Je connaissais déjà la Via Alpina, qui traverse huit pays, et j’ai découvert en cherchant la Via Dinarica, qui va de l’Albanie à la Slovénie. Et puis je suis tombé sur le Kom–Emine, en Bulgarie : le plus long chemin du pays, qui relie la mer Noire au Kom Peak. Ça m’a attiré tout de suite : un vrai point de départ fort, symbolique et engageant.

J’ai estimé que mon parcours ferait environ 5 000 km, pour 6 à 8 mois de marche.

Pour la préparation, je savais qu’en partant en plein hiver, je n’avais pas le droit à l’erreur. J’ai donc beaucoup réfléchi à mon matériel et j’ai fait un test en montagne. Sur le Kom–Emine, les crêtes sont une barrière naturelle aux vents du nord : il peut y faire extrêmement froid, et il faut du matériel capable de couvrir une très large plage de températures.

Mais malgré ça, j’ai volontairement gardé une part d’incertitude : je n’aime pas les aventures trop planifiées. Je ne savais pas exactement où je dormirais ou comment je me ravitaillerais. Je voulais me laisser porter.

Physiquement, j’avais un bon bagage grâce au trail que je pratique en compétition depuis 2020. J’ai dû adapter ma préparation à ma rééducation après une opération du fémur en juin 2024, mais j’ai progressivement repris la marche et la course. En novembre 2024, j’ai même gravi mon premier 4000 mètres dans les Alpes. Et parmi mes expériences qui m’ont forgé, il y a aussi la Diagonale des Fous, que j’ai courue en 2022.


Dis-moi aussi ce que Don Bosco Blandain représente pour toi. Qu'est-ce que ça t'a apporté, des souvenirs ou des anecdotes Don Bosco

Don Bosco Blandain a vraiment compté dans mon parcours. L’internat m’a beaucoup apporté humainement et socialement. Les journées structurées, les moments d’étude, les pauses, les règles… Sur le moment, on ne s’en rend pas toujours compte quand on est jeune, mais avec le recul, cette discipline m’a aidé à construire une vraie méthode de travail et une certaine rigueur.
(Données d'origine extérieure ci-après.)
-- ===== src/Lib.antt =====
-- tls-probe captures TLS handshakes in the kernel and reports them as events. This library models
-- the parts that decide what is reported, and proves what they do:
--   * crates/tls-probe-parser/src: Parser. A payload is parsed by `parse_tls_payload` into a client
--     or a server hello (Parser/ClientHello, Parser/ServerHello), whose extensions are found by
--     `parse_extensions` and read by one function for each kind (Parser/Extensions).
--   * crates/tls-probe-common/src: Common. The capture that the kernel hands over, the key of a
--     connection, and the predicates on protocol numbers.
--   * crates/tls-probe-cli/src/reasm.rs: Reasm. Captures marked as parts of a record are collected
--     by flow until the record is complete, the fourth segment comes, or time is up.
--   * crates/tls-probe-cli/src/record_walk.rs: RecordWalk. The certificate records behind the first
--     record of a packet.
--   * crates/tls-probe-cli/src/correlate.rs: Correlate. A client hello waits for the server's, an
--     alert or a certificate of its connection, and the join is reported as a negotiation.
--   * crates/tls-probe-cli/src/ja4.rs: Ja4. The fingerprint of a client hello.
--   * crates/tls-probe-ebpf/src/tls.rs: Classifier. The kernel's part: a packet's headers are read
--     (Classifier/Packet), the starts of records are filtered, and a capture is made; the state of a
--     record in several segments is kept until enough have come. The map of states is looked up
--     twice, and what other processors do to it in between is an argument (`meanwhile`).
--   * crates/tls-probe-ebpf/src/process.rs: Attribution. The probes that note which process connects
--     or accepts a connection, under the key by which the classifier looks it up (Lookup).
--   * crates/tls-probe-cli/src/containers.rs: Containers. Identifiers of containers and pods are read
--     off cgroup paths (Scopes, Pods), behind a cache of paths by inode (Resolver).
--   * crates/tls-probe-cli/src/commands/listeners.rs: Listeners. The sockets that listen, from the
--     text of the kernel's tables (Table).
--   * crates/tls-probe-cli/src/pipeline.rs: Pipeline. The writer's thread (Thread) puts the lines of
--     events into a file or into a spool of chunks (Spool), whose complete ones are capped (Cap).
--   * crates/tls-probe-cli/src/certificate.rs: Certificate. The leaf certificate of a message.
--   * crates/tls-probe-cli/src/tls.rs: Event. The event of a capture (Build), with the names of
--     protocol numbers (Names).
--   * crates/tls-probe-cli/src/commands/capture.rs: Worker. The task that puts a capture through
--     the reassembler, the parser, the correlator and the walk into events (`handle`), one branch
--     for each kind of message (Branches).
-- Functions of Rust's texts that these use are in Text. Functions keep the source's names, and a
-- local part of a long function is a function of its own under the name of what it does.
--
-- Conventions. A byte is a number below 256 and a slice a list of them (Wire). Reading out of range
-- is the outcome `panic`, and `Err` the outcome `err` (Outcome). A `while` loop takes fuel: one round
-- more than the slice has bytes, enough because each round moves the offset on by one byte at least,
-- and five for the walk over records, which stops after four; without fuel the outcome is `spin`,
-- and the theorems on safety exclude it. Offsets are sums of a few lengths below 2^17, so a 64-bit
-- `usize` does not wrap; sequence numbers and the age of an entry wrap as they do in the source. A
-- `BTreeMap` or `HashMap` is a list of entries sorted by their keys (SortedMap). Time is an argument
-- of the operations that read a clock. A `String` is the list of its UTF-8 bytes (Utf8) where it
-- comes from the wire.
--
-- Files are those of a directory, whose operations succeed (Pipeline/Directory).
--
-- Not modelled: the loading of programs, the ring buffer, the command line, privileges and logs,
-- which are I/O; the schema and the serialisation of events. SHA-256, X.509, the formatting of
-- times and of IPv6 addresses, the walk of the cgroup tree and what the library's buffers let
-- through are arguments; so are the kernel's reads of packets and of its memory, and its maps.
pub mod Attribution
pub mod Certificate
pub mod Classifier
pub mod Common
pub mod Containers
pub mod Correlate
pub mod Event
pub mod Ja4
pub mod Listeners
pub mod Outcome
pub mod Parser
pub mod Pipeline
pub mod Prelude
pub mod Reasm
pub mod RecordWalk
pub mod SortedMap
pub mod Text
pub mod Utf8
pub mod Wire
pub mod Worker
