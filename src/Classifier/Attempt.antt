-- ===== src/Classifier/Attempt.antt =====
-- The `None => return Ok(())` of crates/tls-probe-ebpf/src/tls.rs: a packet that a read or a test
-- fails on is left alone.
use tls_probe.Prelude.{Bool, true, false, Option, none, some}

infixl 5 ◌>>=◌ ◌>>◌
abbrev pub ◌>>=◌ {ℓ κ} : {A : Type ℓ} {B : Type κ} → Option A → (A → Option B) → Option B
none >>= f = none
some a >>= f = f a

abbrev pub ◌>>◌ {ℓ} : {B : Type ℓ} → Option (Unit {0}) → Option B → Option B
m >> k = m >>= λ _. k

-- `if !test { return Ok(()) }`
abbrev pub require : Bool → Option (Unit {0})
require true = some tt
require false = none
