-- ===== src/Outcome.antt =====
-- What a call of the parser can end in, and the rule for chains of calls.
use tls_probe.Prelude.{ℕ, ◌≡◌, refl, Bool, true, false}

-- `ParseError`
pub data ParseError : Type 0 where
  too_short : ParseError
  invalid_record : ParseError
  invalid_handshake_type : ParseError
  unexpected_end : ℕ → ParseError

-- `panic` is an index out of range, `spin` a loop that has used up its fuel.
pub data Outcome {ℓ} (A : Type ℓ) : Type ℓ where
  ok : A → Outcome A
  err : ParseError → Outcome A
  panic : Outcome A
  spin : Outcome A

infixl 5 ◌>>=◌ ◌>>◌
abbrev pub ◌>>=◌ {ℓ κ} : {A : Type ℓ} {B : Type κ} → Outcome A → (A → Outcome B) → Outcome B
ok a >>= f = f a
err e >>= f = err e
panic >>= f = panic
spin >>= f = spin

abbrev pub ◌>>◌ {ℓ} : {B : Type ℓ} → Outcome (Unit {0}) → Outcome B → Outcome B
m >> k = m >>= λ _. k

-- `if !test { return Err(e) }`
abbrev pub guard : Bool → ParseError → Outcome (Unit {0})
guard true e = ok tt
guard false e = err e

-- The call ends with a value for which `P` holds, or with an error of the parser: it never
-- panics and its loops end.
abbrev pub Within : {A : Type 0} → (A → Type 0) → Outcome A → Type 0
Within P (ok a) = P a
Within P (err e) = Unit
Within P panic = ⊥
Within P spin = ⊥

-- The call ends with a value for which `P` holds.
abbrev pub Returns : {A : Type 0} → (A → Type 0) → Outcome A → Type 0
Returns P (ok a) = P a
Returns P (err e) = ⊥
Returns P panic = ⊥
Returns P spin = ⊥

pub Within->>= :
    {A B : Type 0} (P : A → Type 0) (Q : B → Type 0) (m : Outcome A) (f : A → Outcome B)
    → Within P m
    → ((a : A) → P a → Within Q (f a))
    → Within Q (m >>= f)
Within->>= P Q (ok a) f h k = k a h
Within->>= P Q (err e) f h k = tt
Within->>= P Q panic f h k = absurd h
Within->>= P Q spin f h k = absurd h

pub Returns->>= :
    {A B : Type 0} (P : A → Type 0) (Q : B → Type 0) (m : Outcome A) (f : A → Outcome B)
    → Returns P m
    → ((a : A) → P a → Returns Q (f a))
    → Returns Q (m >>= f)
Returns->>= P Q (ok a) f h k = k a h
Returns->>= P Q (err e) f h k = absurd h
Returns->>= P Q panic f h k = absurd h
Returns->>= P Q spin f h k = absurd h

-- A weaker claim of the same call.
pub Returns-map :
    {A : Type 0} (P Q : A → Type 0) (m : Outcome A)
    → Returns P m
    → ((a : A) → P a → Q a)
    → Returns Q m
Returns-map P Q (ok a) h k = k a h
Returns-map P Q (err e) h k = h
Returns-map P Q panic h k = h
Returns-map P Q spin h k = h

pub Returns-ok :
    {A : Type 0} (P : A → Type 0) (m : Outcome A) (a : A) → m ≡ ok a → P a → Returns P m
Returns-ok P m a e p = rw e p

pub Returns-Within : {A : Type 0} (P : A → Type 0) (m : Outcome A) → Returns P m → Within P m
Returns-Within P (ok a) h = h
Returns-Within P (err e) h = tt
Returns-Within P panic h = h
Returns-Within P spin h = h

pub Returns-value :
    {A : Type 0} (P : A → Type 0) (m : Outcome A) → Returns P m → (a : A) × (m ≡ ok a) × P a
Returns-value P (ok a) h = (a, refl, h)
Returns-value P (err e) h = absurd h
Returns-value P panic h = absurd h
Returns-value P spin h = absurd h

-- After a guard the test may be used.
pub Within-guard :
    {B : Type 0} (Q : B → Type 0) (b : Bool) (e : ParseError) (k : Outcome B)
    → (b ≡ true → Within Q k)
    → Within Q (guard b e >> k)
Within-guard Q true e k h = h refl
Within-guard Q false e k h = tt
Après mon départ en 2013, je suis fier d’avoir réussi à garder cette dynamique pour poursuivre mes études, obtenir mes diplômes et choisir la voie qui me correspond. Ce n’est pas toujours facile pour les jeunes de maintenir un tel rythme après l’internat, et je mesure la chance d’avoir bénéficié de cet accompagnement.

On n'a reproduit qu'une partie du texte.